List the lines of this listing that hold the word "String".

(Extracted records Opens)

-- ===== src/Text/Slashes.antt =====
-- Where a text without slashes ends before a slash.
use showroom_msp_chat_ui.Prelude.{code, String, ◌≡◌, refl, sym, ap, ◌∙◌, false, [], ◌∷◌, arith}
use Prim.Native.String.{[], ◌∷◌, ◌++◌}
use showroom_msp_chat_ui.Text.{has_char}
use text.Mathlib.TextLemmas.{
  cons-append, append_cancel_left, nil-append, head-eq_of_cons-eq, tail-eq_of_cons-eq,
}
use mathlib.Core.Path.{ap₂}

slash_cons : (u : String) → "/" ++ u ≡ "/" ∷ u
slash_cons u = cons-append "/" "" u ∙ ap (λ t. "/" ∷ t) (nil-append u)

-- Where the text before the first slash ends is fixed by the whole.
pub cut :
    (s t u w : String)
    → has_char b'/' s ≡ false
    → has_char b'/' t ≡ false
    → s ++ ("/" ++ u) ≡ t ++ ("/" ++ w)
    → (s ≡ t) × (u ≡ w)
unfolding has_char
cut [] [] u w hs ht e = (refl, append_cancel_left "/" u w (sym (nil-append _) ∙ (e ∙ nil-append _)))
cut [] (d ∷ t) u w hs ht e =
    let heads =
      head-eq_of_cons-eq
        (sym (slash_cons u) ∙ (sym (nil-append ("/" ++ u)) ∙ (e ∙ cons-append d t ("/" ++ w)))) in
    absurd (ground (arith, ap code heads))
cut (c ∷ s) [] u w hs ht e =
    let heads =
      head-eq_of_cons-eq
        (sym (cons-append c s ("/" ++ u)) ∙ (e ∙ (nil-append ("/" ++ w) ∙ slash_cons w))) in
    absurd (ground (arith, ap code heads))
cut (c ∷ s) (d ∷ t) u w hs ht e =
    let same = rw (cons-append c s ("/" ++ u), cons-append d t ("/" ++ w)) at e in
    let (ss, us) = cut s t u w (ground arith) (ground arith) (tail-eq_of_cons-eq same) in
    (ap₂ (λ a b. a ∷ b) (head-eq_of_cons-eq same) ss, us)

(Extracted records Closes)

- [Task solution]
use showroom_msp_chat_ui.Prelude.{code, String, ◌≡◌, refl, sym, ap, ◌∙◌, false, [], ◌∷◌, arith}
use Prim.Native.String.{[], ◌∷◌, ◌++◌}
slash_cons : (u : String) → "/" ++ u ≡ "/" ∷ u
    (s t u w : String)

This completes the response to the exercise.